1.2 anesthesia and intination process 22:45 patients after hospitalization routine monitoring: BP128/78mmHg, HR88 times / minute, SpO2 92%; Queer 1mg;23:11 Tells patients to lie flat, cyclocardia puncture drug 2% Lidokain 2mL, anthractic, cough; 23:13 Patient complains of breathing difficulties and needs to sit up and breathe (SpO2 88) %);23:15 After the patient breathes smoothly, 2% Lidokain 2mL plus ephedrine 10mg drop nose; 23:20 selects ID6.0 trachea to be inserted into the mouth through the nose, and the patient sits up again to breathe (SpO2 87%); 23:25 tells the patient to lie down, the patient because of breathing difficulties, lying down, about half a minute and then sit up again, irritable, lying down difficult, in the case of sitting fiber mirror guide to find the sound door, intleter success.
given anaesthetic regularly and the operation went smoothly.
signs were stable in the operation and returned to the ward with a tube after the operation.
the tube after 3 days of successful unplugging.
2. Discussion of multiple gap infections in the jaw can lead to swelling of the tongue and nearby gaps, blocking the vocal doors, compressing the trachea, and even lead to tracheal displacement and throat edema, serious breathing difficulties, endangering the lives of patients, often require emergency surgery.
for this type of patient, conventional direct laryngoscopic tracheal intlenchment becomes very difficult.
the sobriety fiber tracheoscopic tube intestion is considered a more appropriate option when predicting possible difficulty in the air channel.
but the fiber mirror guides the sober tracheal intestor for the patient, needs the patient's cooperation and adequate tracheal surface anesthesia, which is important to improve the success rate of the intring.
The patient has difficulty breathing, irritability, can not cooperate well with the anesthesiologist, which anaesthetist trachea tube has brought great difficulties, coupled with most sedative drugs can cause respiratory inhibition to varying degrees, for the patient we can not use any sedative drugs.
In this case, effective surface anesthesia is particularly important for sober trachea intina under the guidance of a fiber-frame, and the patient's tongue is swollen, it is very difficult to carry out the surface anesthesia of the throat by spraying the drug;
there are reports that atomized inhalation agency drugs seem to solve this problem, can be considered for reference.
, however, the first: liquid bureau drug to vaporize into gaseous bureau drug needs high equipment conditions, our hospital does not yet have this condition, can not carry out this technology.
second, the report also said: the patient's absorption of atomized inhalation of the drug is not accurate enough to play a full anaesthetic throat effect.
at this time should also do a good job of intive failure remedy: ready to open the tracheoly at any time.
In short, a large proportion of patients with oral forehead surgery have difficult airways, such as: difficulty in open mouth, limited movement of the jaw joints, various causes of mouth and throat and respiratory malformations, throat tumor obstruction intestion path, post-surgery scar deformities, respiratory obstruction caused by forehead and facial infections, etc.

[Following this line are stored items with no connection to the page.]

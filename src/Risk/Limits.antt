-- ===== src/Risk/Limits.antt =====
-- src/risk/mod.rs, `check_limits`: what an accepted opportunity satisfies.
use solana_atomic_arbitrage.Base.{
  ℕ, ◌≤◌, ◌<◌, ◌≡◌, ◌↔◌, ◌⊎◌, true, false, some, ◌/=◌, ◌||◌, if◌then◌else◌, arith,
}
use solana_atomic_arbitrage.Base.Float.{Float}
use solana_atomic_arbitrage.Risk.{
  RiskTracker, Opportunity, RiskConfig, breaker_cooldown_secs, elapsed_secs, check_limits,
  pass_breaker, clear_breaker, roll_date, apply_limits,
}

module _ {ℓ} {F : Type ℓ} ⦃f : Float F⦄ where
  -- The breaker is off, or its cooldown is over.
  abbrev pub MayTrade : RiskTracker F → ℕ → Type 0
  MayTrade t now =
      (t.circuit_breaker ≡ false)
      ⊎ ((triggered : ℕ) × (t.breaker_triggered_at ≡ some triggered)
          × (breaker_cooldown_secs ≤ elapsed_secs now triggered))

  -- The result of the day that a new trade is added to: a cooldown and a new date start it again.
  abbrev pub pnl_today : RiskTracker F → ℕ → F
  pnl_today t today =
      if t.circuit_breaker || (today /= t.current_date) then f.zero_f64 else t.daily_pnl_sol

  -- The limits of the configuration, against a result of the day.
  pub record IsWithinLimits (pnl : F) (opp : Opportunity F) (risk : RiskConfig F) : Type 0 where
    pub profitable : f.lt opp.net_profit_sol risk.min_profit_threshold_sol ≡ false
    pub affordable : f.lt risk.max_single_investment_sol opp.investment_sol ≡ false
    pub bearable : f.lt (f.add pnl opp.net_profit_sol) (f.neg risk.max_daily_loss_sol) ≡ false

  module _ (t : RiskTracker F) (opp : Opportunity F) (risk : RiskConfig F) (now today : ℕ) where
    check_limits-accepts :
        MayTrade t now × IsWithinLimits (pnl_today t today) opp risk
        → (check_limits t opp risk now today).1 ≡ true
    unfolding check_limits pass_breaker clear_breaker roll_date apply_limits
    check_limits-accepts h = ground arith

    check_limits-accepted :
        (check_limits t opp risk now today).1 ≡ true
        → MayTrade t now × IsWithinLimits (pnl_today t today) opp risk
    unfolding check_limits pass_breaker clear_breaker roll_date apply_limits
    check_limits-accepted h = grind arith

    -- The tracker admits a trade exactly when no breaker blocks it (it is off, or was triggered
    -- 1800 seconds ago or more) and the profit, the investment and the projected result of the
    -- day, which a cooldown or a new date starts again, are within the limits.
    pub check_limits_iff :
        ((check_limits t opp risk now today).1 ≡ true)
        ↔ (MayTrade t now × IsWithinLimits (pnl_today t today) opp risk)
    check_limits_iff = (check_limits-accepted, check_limits-accepts)

    -- Within the cooldown a check refuses the trade and changes nothing.
    pub check_limits-blocks :
        (triggered : ℕ)
        → t.circuit_breaker ≡ true
        → t.breaker_triggered_at ≡ some triggered
        → elapsed_secs now triggered < breaker_cooldown_secs
        → check_limits t opp risk now today ≡ (t, false)
    unfolding check_limits pass_breaker
    check_limits-blocks triggered on at young = ground arith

For such patients, the use of fiber-frame-guided awake intination (preferably through the nasal trachea intestor) has great advantages and importance, it can easily solve the conventional laryngoscope encountered small open mouth, short jaw distance and other difficult gas channel problems, there are a large number of domestic applications of fiber-branch mirror successfully handle difficult gas channel reports.